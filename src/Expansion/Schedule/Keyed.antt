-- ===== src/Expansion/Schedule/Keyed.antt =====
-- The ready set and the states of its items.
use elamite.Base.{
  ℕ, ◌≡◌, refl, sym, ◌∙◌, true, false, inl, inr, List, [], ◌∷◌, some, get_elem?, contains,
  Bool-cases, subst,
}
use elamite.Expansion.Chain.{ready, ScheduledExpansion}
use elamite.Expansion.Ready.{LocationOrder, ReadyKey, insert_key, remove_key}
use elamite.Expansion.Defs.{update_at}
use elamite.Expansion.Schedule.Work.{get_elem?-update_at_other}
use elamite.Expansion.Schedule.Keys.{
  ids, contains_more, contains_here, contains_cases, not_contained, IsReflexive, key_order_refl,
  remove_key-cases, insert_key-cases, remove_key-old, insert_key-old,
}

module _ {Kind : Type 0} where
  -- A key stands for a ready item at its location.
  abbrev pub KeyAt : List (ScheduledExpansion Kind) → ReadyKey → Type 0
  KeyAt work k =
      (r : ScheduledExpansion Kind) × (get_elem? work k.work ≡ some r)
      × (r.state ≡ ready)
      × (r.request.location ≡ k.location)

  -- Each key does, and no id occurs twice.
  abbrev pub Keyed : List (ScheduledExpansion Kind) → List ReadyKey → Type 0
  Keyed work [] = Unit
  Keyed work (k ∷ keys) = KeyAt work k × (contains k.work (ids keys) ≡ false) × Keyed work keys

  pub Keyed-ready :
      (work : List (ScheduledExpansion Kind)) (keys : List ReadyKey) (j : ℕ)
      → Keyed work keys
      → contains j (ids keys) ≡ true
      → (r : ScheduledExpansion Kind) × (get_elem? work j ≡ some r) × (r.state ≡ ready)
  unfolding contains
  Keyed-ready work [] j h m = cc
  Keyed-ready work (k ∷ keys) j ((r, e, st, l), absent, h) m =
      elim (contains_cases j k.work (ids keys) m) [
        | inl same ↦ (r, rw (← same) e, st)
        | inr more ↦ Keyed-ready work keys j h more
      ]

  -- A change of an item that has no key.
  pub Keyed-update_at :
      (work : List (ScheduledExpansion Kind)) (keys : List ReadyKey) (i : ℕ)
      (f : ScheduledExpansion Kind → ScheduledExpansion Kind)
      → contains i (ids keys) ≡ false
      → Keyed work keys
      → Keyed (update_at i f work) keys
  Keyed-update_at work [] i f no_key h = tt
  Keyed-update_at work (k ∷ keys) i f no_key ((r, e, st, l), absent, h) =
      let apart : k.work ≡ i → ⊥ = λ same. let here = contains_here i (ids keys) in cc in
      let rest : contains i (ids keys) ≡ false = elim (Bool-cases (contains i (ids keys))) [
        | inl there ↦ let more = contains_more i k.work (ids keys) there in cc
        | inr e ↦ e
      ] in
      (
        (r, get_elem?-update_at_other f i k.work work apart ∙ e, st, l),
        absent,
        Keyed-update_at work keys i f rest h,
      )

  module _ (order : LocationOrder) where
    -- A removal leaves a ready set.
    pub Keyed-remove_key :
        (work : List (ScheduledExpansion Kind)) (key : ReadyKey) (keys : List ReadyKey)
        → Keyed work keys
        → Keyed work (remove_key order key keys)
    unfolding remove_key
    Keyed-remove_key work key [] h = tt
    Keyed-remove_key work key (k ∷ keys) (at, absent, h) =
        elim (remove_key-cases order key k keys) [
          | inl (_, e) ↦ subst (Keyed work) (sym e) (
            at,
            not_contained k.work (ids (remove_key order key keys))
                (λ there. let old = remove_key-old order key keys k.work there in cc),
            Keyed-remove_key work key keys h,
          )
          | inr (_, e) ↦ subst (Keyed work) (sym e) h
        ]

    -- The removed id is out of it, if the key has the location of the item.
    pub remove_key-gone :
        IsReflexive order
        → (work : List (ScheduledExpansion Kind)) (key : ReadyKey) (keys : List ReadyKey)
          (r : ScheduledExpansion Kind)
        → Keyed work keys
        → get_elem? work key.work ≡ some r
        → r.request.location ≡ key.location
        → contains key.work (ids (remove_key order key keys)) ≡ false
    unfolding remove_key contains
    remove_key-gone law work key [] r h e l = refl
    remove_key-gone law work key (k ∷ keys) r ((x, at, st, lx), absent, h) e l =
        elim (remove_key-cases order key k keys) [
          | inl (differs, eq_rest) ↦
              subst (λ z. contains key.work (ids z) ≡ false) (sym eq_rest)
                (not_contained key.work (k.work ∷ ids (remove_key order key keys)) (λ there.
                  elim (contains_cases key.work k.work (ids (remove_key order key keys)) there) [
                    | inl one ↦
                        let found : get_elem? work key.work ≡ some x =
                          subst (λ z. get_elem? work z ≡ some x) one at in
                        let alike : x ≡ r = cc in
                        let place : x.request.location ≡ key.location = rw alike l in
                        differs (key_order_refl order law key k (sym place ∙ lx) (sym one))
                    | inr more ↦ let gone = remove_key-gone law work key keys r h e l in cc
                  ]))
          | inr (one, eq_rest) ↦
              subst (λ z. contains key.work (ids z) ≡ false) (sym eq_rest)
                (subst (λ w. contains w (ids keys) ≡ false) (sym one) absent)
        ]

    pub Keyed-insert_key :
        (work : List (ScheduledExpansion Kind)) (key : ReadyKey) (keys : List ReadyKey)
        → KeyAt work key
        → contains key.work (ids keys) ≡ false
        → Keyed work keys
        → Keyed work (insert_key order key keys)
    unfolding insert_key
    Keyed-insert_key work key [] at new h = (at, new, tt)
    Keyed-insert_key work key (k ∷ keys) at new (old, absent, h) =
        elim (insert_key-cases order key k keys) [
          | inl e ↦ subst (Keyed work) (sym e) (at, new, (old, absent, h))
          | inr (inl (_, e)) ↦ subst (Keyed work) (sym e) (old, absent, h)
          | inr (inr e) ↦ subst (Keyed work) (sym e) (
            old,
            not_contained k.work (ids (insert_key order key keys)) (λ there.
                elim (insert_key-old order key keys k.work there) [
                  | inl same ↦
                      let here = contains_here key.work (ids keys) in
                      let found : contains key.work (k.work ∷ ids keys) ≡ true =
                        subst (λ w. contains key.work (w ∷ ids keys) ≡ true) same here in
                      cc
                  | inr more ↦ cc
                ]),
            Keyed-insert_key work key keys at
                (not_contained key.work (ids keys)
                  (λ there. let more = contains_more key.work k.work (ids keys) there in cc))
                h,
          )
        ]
----
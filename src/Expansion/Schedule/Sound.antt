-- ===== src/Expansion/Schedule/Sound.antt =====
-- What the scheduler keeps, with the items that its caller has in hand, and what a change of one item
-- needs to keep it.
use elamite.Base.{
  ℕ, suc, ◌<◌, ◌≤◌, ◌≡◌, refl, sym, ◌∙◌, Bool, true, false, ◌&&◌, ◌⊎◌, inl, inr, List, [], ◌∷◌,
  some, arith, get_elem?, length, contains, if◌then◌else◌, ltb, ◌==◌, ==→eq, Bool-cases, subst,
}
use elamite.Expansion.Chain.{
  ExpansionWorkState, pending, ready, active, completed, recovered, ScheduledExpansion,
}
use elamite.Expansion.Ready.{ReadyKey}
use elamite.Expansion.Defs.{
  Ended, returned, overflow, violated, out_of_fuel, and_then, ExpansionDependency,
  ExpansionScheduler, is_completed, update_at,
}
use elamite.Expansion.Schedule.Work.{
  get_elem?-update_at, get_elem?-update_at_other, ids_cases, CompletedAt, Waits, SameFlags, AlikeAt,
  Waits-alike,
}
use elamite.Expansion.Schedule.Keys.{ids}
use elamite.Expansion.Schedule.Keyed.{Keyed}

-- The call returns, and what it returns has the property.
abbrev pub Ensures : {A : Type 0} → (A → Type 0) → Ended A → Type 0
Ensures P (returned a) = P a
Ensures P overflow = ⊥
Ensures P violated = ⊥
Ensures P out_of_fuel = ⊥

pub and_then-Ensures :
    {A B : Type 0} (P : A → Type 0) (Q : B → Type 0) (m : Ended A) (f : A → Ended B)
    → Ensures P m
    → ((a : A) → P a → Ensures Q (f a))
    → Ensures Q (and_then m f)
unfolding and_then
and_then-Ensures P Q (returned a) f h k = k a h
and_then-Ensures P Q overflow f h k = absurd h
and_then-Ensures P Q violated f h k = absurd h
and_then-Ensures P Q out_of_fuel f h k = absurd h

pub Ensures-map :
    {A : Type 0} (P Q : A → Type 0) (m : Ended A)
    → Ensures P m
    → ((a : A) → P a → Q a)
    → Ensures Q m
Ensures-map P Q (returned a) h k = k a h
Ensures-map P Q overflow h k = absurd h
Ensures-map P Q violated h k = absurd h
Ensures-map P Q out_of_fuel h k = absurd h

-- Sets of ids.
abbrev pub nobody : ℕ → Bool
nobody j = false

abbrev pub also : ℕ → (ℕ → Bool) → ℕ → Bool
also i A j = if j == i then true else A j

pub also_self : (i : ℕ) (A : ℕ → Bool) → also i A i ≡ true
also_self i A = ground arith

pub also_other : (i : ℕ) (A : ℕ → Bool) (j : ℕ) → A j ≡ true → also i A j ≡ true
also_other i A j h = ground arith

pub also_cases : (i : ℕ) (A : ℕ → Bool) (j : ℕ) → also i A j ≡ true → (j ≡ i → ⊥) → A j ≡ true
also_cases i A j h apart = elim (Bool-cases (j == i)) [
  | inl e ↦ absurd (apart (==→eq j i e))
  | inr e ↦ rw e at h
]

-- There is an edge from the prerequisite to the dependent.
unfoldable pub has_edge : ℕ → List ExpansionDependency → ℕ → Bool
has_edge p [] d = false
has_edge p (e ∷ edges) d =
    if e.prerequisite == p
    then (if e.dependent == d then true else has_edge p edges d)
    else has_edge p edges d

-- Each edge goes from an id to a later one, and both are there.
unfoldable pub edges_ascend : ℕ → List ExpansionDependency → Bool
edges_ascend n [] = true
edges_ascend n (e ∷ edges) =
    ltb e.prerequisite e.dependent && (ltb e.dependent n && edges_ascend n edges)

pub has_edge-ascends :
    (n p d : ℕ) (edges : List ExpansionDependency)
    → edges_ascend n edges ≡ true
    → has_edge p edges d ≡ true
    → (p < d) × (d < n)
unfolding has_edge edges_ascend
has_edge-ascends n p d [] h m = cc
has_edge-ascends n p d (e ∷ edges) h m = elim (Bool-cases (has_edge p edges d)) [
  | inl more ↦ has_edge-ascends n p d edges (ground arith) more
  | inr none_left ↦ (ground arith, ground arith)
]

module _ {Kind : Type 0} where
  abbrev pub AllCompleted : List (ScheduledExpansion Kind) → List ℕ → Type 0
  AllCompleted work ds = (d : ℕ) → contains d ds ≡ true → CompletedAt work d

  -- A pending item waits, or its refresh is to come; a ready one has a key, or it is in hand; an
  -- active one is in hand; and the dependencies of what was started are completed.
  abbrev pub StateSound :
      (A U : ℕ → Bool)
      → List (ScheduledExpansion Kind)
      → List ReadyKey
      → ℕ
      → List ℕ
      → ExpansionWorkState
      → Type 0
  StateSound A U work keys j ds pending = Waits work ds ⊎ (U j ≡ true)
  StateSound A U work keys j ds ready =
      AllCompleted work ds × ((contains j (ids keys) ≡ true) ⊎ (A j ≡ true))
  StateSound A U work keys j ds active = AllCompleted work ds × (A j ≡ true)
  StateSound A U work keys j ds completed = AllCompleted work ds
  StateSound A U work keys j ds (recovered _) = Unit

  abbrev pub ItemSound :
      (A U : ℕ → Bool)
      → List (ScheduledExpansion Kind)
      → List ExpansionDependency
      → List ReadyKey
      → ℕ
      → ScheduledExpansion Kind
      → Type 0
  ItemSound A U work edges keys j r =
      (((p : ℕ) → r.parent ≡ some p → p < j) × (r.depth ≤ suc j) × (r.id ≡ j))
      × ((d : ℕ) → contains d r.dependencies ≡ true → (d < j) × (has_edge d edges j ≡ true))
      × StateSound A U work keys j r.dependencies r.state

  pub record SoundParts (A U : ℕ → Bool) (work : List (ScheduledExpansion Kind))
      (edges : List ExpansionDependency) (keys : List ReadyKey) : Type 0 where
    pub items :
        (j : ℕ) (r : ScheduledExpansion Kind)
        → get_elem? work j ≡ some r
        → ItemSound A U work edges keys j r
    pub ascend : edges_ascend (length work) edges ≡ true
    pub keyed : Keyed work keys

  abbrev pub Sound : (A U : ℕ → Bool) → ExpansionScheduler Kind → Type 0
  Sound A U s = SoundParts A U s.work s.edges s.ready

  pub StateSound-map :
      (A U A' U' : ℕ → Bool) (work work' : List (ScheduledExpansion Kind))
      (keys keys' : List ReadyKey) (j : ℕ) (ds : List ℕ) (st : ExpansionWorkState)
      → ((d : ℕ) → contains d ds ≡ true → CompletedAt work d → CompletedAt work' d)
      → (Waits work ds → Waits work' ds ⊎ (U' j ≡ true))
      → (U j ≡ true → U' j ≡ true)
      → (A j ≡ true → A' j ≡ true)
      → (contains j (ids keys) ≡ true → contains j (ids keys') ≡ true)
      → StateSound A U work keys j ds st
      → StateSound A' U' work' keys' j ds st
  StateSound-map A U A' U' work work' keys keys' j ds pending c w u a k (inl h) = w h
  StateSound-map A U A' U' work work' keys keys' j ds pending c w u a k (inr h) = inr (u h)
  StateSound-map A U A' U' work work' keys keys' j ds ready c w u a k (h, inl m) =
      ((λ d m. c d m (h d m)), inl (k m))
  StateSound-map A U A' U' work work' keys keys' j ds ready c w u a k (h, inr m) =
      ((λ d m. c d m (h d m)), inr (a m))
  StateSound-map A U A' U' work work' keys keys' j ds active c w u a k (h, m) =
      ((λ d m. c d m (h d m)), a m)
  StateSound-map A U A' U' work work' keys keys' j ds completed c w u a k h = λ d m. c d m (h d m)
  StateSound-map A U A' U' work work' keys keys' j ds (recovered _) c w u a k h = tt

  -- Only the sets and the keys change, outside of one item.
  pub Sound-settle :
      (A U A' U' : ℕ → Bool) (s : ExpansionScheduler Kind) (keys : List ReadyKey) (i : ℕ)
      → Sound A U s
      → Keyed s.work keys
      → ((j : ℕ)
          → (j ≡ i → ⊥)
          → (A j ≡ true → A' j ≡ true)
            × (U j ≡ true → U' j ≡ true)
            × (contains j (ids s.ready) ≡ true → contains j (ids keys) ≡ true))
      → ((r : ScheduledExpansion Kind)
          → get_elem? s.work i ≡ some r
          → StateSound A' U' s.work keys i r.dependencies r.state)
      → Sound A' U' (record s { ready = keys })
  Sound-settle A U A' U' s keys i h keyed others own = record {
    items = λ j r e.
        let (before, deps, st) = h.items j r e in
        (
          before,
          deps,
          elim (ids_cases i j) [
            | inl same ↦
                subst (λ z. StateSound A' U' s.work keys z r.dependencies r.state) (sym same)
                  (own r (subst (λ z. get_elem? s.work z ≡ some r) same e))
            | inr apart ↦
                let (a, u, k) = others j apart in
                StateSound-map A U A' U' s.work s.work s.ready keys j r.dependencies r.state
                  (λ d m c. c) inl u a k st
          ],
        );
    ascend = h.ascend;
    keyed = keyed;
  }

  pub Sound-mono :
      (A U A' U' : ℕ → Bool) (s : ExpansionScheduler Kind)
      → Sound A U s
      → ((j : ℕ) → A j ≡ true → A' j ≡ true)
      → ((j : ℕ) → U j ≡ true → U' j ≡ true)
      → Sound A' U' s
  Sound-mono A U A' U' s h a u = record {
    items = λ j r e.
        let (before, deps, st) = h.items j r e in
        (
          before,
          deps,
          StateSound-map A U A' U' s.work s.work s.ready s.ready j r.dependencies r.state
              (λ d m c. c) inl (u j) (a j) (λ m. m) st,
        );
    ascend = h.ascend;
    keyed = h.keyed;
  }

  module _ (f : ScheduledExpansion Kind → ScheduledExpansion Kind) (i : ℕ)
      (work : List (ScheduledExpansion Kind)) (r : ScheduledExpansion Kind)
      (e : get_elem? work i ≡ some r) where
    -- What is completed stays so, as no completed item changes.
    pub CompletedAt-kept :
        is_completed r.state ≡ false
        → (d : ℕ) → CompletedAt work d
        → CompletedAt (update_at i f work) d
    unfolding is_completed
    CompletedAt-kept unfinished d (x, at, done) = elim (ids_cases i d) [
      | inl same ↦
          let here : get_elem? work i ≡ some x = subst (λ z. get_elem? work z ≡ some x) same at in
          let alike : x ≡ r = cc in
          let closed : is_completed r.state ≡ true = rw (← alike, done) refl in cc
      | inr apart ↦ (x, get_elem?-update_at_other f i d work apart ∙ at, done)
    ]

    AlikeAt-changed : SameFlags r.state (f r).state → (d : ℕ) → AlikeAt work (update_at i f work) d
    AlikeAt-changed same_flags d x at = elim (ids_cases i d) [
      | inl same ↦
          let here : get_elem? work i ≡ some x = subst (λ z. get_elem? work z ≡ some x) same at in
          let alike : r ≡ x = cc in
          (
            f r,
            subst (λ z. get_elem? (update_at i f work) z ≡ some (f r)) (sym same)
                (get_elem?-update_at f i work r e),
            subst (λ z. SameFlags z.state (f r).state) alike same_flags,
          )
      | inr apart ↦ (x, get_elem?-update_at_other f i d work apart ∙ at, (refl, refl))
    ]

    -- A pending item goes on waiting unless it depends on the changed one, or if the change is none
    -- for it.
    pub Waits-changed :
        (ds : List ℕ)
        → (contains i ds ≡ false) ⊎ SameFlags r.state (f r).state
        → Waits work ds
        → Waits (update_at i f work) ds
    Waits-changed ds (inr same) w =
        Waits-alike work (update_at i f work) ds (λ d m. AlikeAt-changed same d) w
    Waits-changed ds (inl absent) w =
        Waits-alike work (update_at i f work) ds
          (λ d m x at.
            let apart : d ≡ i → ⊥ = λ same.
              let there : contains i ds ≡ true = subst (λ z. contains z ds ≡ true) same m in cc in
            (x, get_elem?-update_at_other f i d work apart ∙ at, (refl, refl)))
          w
----
## Prompt
Looking at the records, report the number of lines that hold the string "kept", with no other text.

## Task response
2